CHRISTMAS IN SEPTEMBER

MY GRADE: starhalfblankblankblank
Not so fast, Santa.  Back to work!

Not so fast, Santa. Back to work!

It’s mid-September again; the holliest jolliest time o’the year. The Christmas trees are out, the popcorn is being strung, and visions of sugarplums are dancing in our — huh?

Excuse me. Why has Christmas “started” already?

This article isn’t the only one to notice the trend.  And you can be certain it’s only a matter of days before Starbucks breaks out the eggnog lattes (which I enjoy, even if they have sort of a pukey aftertaste).

But can we just slam the brakes on for one tiny moment and admit something we’ve all known for some time:  Santa is now being pimped out in the off-season because retailers think apparently nobody is interested in buying anything that’s not attached to a holiday.

You know that heartfelt sentiment “Christmas isn’t only one day a year. It’s with us all the time”? I pretty sure someone at Target came up with that.

And not only are these pre pre pre pre Christmas sales screwing up the genuine spirit of Christmas, they’re also causing a total holiday clusterf–k (which is how I hear a very bitter and angry St. Nick referred to it this year).

Case in point: What happened to Halloween? Well, as far as I can tell, if you haven’t celebrated it yet, you’re out of luck.   You missed it.  Halloween started back on July 5th.  It’s over.  Time to step aside for Christmas.  By August all the Halloween costumes were sold, along with all the candy. (I can’t wait to get hold of some of that 9 month old candy corn. That will be a creamy delight.)

And Thanksgiving? Well Thanksgiving has just been totally shit on.
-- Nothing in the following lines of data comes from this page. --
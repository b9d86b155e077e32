-- ===== src/Install/Tree.antt =====
-- archive_tree.rs of omne-artifact-install-primitives: `ArchiveTreeInstaller` is the visitor of a walk;
-- hard links wait for its end, when their targets are there.
use omne_runtime.Base.{
  map_ok, ltb, ℕ, zero, suc, true, false, Option, none, some, List, [], ◌∷◌, ◌++◌, length, Text,
  Bytes, Result, ok, err, if◌then◌else◌,
}
use omne_runtime.Base.Actions.{Action, ◌>>=◌, ◌>>◌, lift}
use omne_runtime.Archive.Walk.{ArchiveTreeVisitor}
use omne_runtime.FsPath.{parent}
use omne_runtime.Install.{install, System, Machine, ArtifactInstallError}
use omne_runtime.Install.Collisions.{
  CaseCollisionTracker, record_path_chain, ensure_exact_case_match,
}
use omne_runtime.Install.Directories.{ensure_archive_directory_chain, Install}
use omne_runtime.Install.Leaves.{write_archive_regular_file}
use omne_runtime.Install.Links.{
  try_create_tar_hard_link, prepare_tar_hard_link, create_tar_symlink, PendingTarHardLink,
}
use omne_runtime.Text.{to_string_lossy}

-- The state of the installer and of the machine that it runs on
pub record ArchiveTreeInstaller : Type 0 where
  pub machine : Machine
  pub case_collision_tracker : Option CaseCollisionTracker
  pub pending_hard_links : List PendingTarHardLink

-- A method on the installer's own state
abbrev pub Method : Type 0 → Type 0
Method = Action ArchiveTreeInstaller ArtifactInstallError

-- An operation on the machine alone
abbrev pub on_machine : {A : Type 0} → Install A → Method A
on_machine m installer =
    let (result, machine) = m installer.machine in (result, record installer { machine = machine })

-- What an `Option` of a tracker becomes
unfoldable pub recorded_case :
    Option CaseCollisionTracker → Bytes → Result ArtifactInstallError (Option CaseCollisionTracker)
unfolding record_path_chain
recorded_case none path = ok none
recorded_case (some tracker) path = map_ok (λ t. some t) (record_path_chain tracker path)

unfoldable pub matched :
    Option CaseCollisionTracker → PendingTarHardLink → Result ArtifactInstallError (Unit {0})
unfolding ensure_exact_case_match
matched none pending = ok tt
matched (some tracker) pending =
    ensure_exact_case_match tracker pending.entry_path pending.resolved_target

abbrev pub kept_tracker :
    ArchiveTreeInstaller
    → Result ArtifactInstallError (Option CaseCollisionTracker)
    → Result ArtifactInstallError (Unit {0}) × ArchiveTreeInstaller
kept_tracker installer (ok tracker) = (ok tt, record installer { case_collision_tracker = tracker })
kept_tracker installer (err e) = (err e, installer)

unfoldable pub record_case_collision : Bytes → Method (Unit {0})
unfolding recorded_case
record_case_collision path installer =
    kept_tracker installer (recorded_case installer.case_collision_tracker path)

abbrev pub push_pending : PendingTarHardLink → Method (Unit {0})
push_pending pending installer =
    (ok tt, record installer { pending_hard_links = installer.pending_hard_links ++ pending ∷ [] })

module _ (system : System) where
  unfoldable pub visit_directory : Bytes → Method (Unit {0})
  unfolding record_case_collision ensure_archive_directory_chain
  visit_directory path = do
    record_case_collision path
    opened ← on_machine (ensure_archive_directory_chain system path path true)
    lift (ok tt)

  unfoldable pub visit_regular_file : Bytes → Result Text Bytes → Option ℕ → Method (Unit {0})
  unfolding record_case_collision write_archive_regular_file
  visit_regular_file path reader unix_mode = do
    record_case_collision path
    on_machine (write_archive_regular_file system path path reader unix_mode)

  unfoldable pub visit_symlink : Bytes → Bytes → Method (Unit {0})
  unfolding record_case_collision create_tar_symlink
  visit_symlink path target = do
    record_case_collision path
    on_machine (create_tar_symlink system path path target)

  unfoldable pub visit_hard_link : Bytes → Bytes → Method (Unit {0})
  unfolding record_case_collision prepare_tar_hard_link
  visit_hard_link path target = do
    record_case_collision path
    pending ← on_machine (prepare_tar_hard_link system path path target)
    push_pending pending

  abbrev pub installer_visitor : ArchiveTreeVisitor ArchiveTreeInstaller ArtifactInstallError
  installer_visitor = record {
    visit_directory = visit_directory;
    visit_regular_file = visit_regular_file;
    visit_symlink = visit_symlink;
    visit_hard_link = visit_hard_link;
  }

  -- One round over the pending links: those that remain
  unfoldable pub link_round :
      Option CaseCollisionTracker → List PendingTarHardLink → Install (List PendingTarHardLink)
  unfolding matched try_create_tar_hard_link
  link_round tracker [] = lift (ok [])
  link_round tracker (pending ∷ rest) = do
    lift (matched tracker pending)
    linked ← try_create_tar_hard_link system pending
    remaining ← link_round tracker rest
    lift (ok (if linked then remaining else pending ∷ remaining))

  abbrev pub missing_parent : PendingTarHardLink → Option Bytes → Install (Unit {0})
  missing_parent pending none = lift (ok tt)
  missing_parent pending (some target_parent) = do
    opened ← ensure_archive_directory_chain system pending.entry_path target_parent false
    lift (ok tt)

  -- No link of the round could be made: the error of the first
  unfoldable pub missing_target : PendingTarHardLink → Install (Unit {0})
  unfolding parent ensure_archive_directory_chain to_string_lossy
  missing_target pending = do
    missing_parent pending (parent pending.resolved_target)
    lift (
        err (
          install "hard link target `{}` does not exist for tar entry {}"
            (to_string_lossy pending.link_target ∷ to_string_lossy pending.entry_path ∷ [])))

  -- The loop, `rounds` being at least the number of pending links: a round that goes on makes one.
  unfoldable pub resolve_pending_tar_hard_links :
      (rounds : ℕ) → Option CaseCollisionTracker → List PendingTarHardLink → Install (Unit {0})
  unfolding link_round missing_target
  resolve_pending_tar_hard_links rounds tracker [] = lift (ok tt)
  resolve_pending_tar_hard_links zero tracker (pending ∷ rest) = missing_target pending
  resolve_pending_tar_hard_links (suc rounds) tracker (pending ∷ rest) = do
    remaining ← link_round tracker (pending ∷ rest)
    elim remaining [
      | [] ↦ lift (ok tt)
      | first ∷ others ↦
          let again = resolve_pending_tar_hard_links rounds tracker (first ∷ others) in
          if ltb (length (first ∷ others)) (length (pending ∷ rest))
          then again
          else missing_target first
    ]

  -- `finish`
  unfoldable pub finish_install : Method (Unit {0})
  unfolding resolve_pending_tar_hard_links
  finish_install installer =
      on_machine
        (resolve_pending_tar_hard_links (length installer.pending_hard_links)
          installer.case_collision_tracker installer.pending_hard_links)
        installer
Thanksgiving is now the unwanted foster kid of national holidays: You accept it because it’s the right thing to do, but really it’s more trouble than it’s worth.  Nobody really gives a crap about Thanksgiving because a business can’t survive on sales of Stove Top stuffing alone.

Stove Top Stuffing: Sure, it's delicious.  But it can't save our economy.

Stove Top Stuffing: Sure, it's delicious. But it can't save our economy.

So this is what I propose we do in order to save a shred of Christmas dignity:

Let’s just make up some random, stupid new holiday and stick it in September. Then there will be “legitimate” September holiday sales o’plenty for the likes of Walmart and Target and Best Buy and Starbucks and Wetzel’s Pretzels (and by the way, Wetzel’s Pretzels.  Who are you fooling?  Is your owner really named “Wetzel”?  I’m not the sharpest tool in the … ah… tool thing … by I think you made up the name “Wetzel” just because it rhymes with “pretzel.” I’m so onto you!)

I even have the perfect new concept for a September holiday: Christmas is a celebration of the birth of Jesus, right?  Well, I’m sure that Octomom must’ve squeezed out one of her 17 kids somewhere around September. Let’s celebrate that. We’ll exchange presents for 8 days in honor of the Octuplets. It’ll be a nice mix of Christmas and Chanukah with a modern-day Jerry-Springer-esque twist.

But I’m open to your new holiday suggestions.  Best idea gets a free Eggnog Latte on me (in September).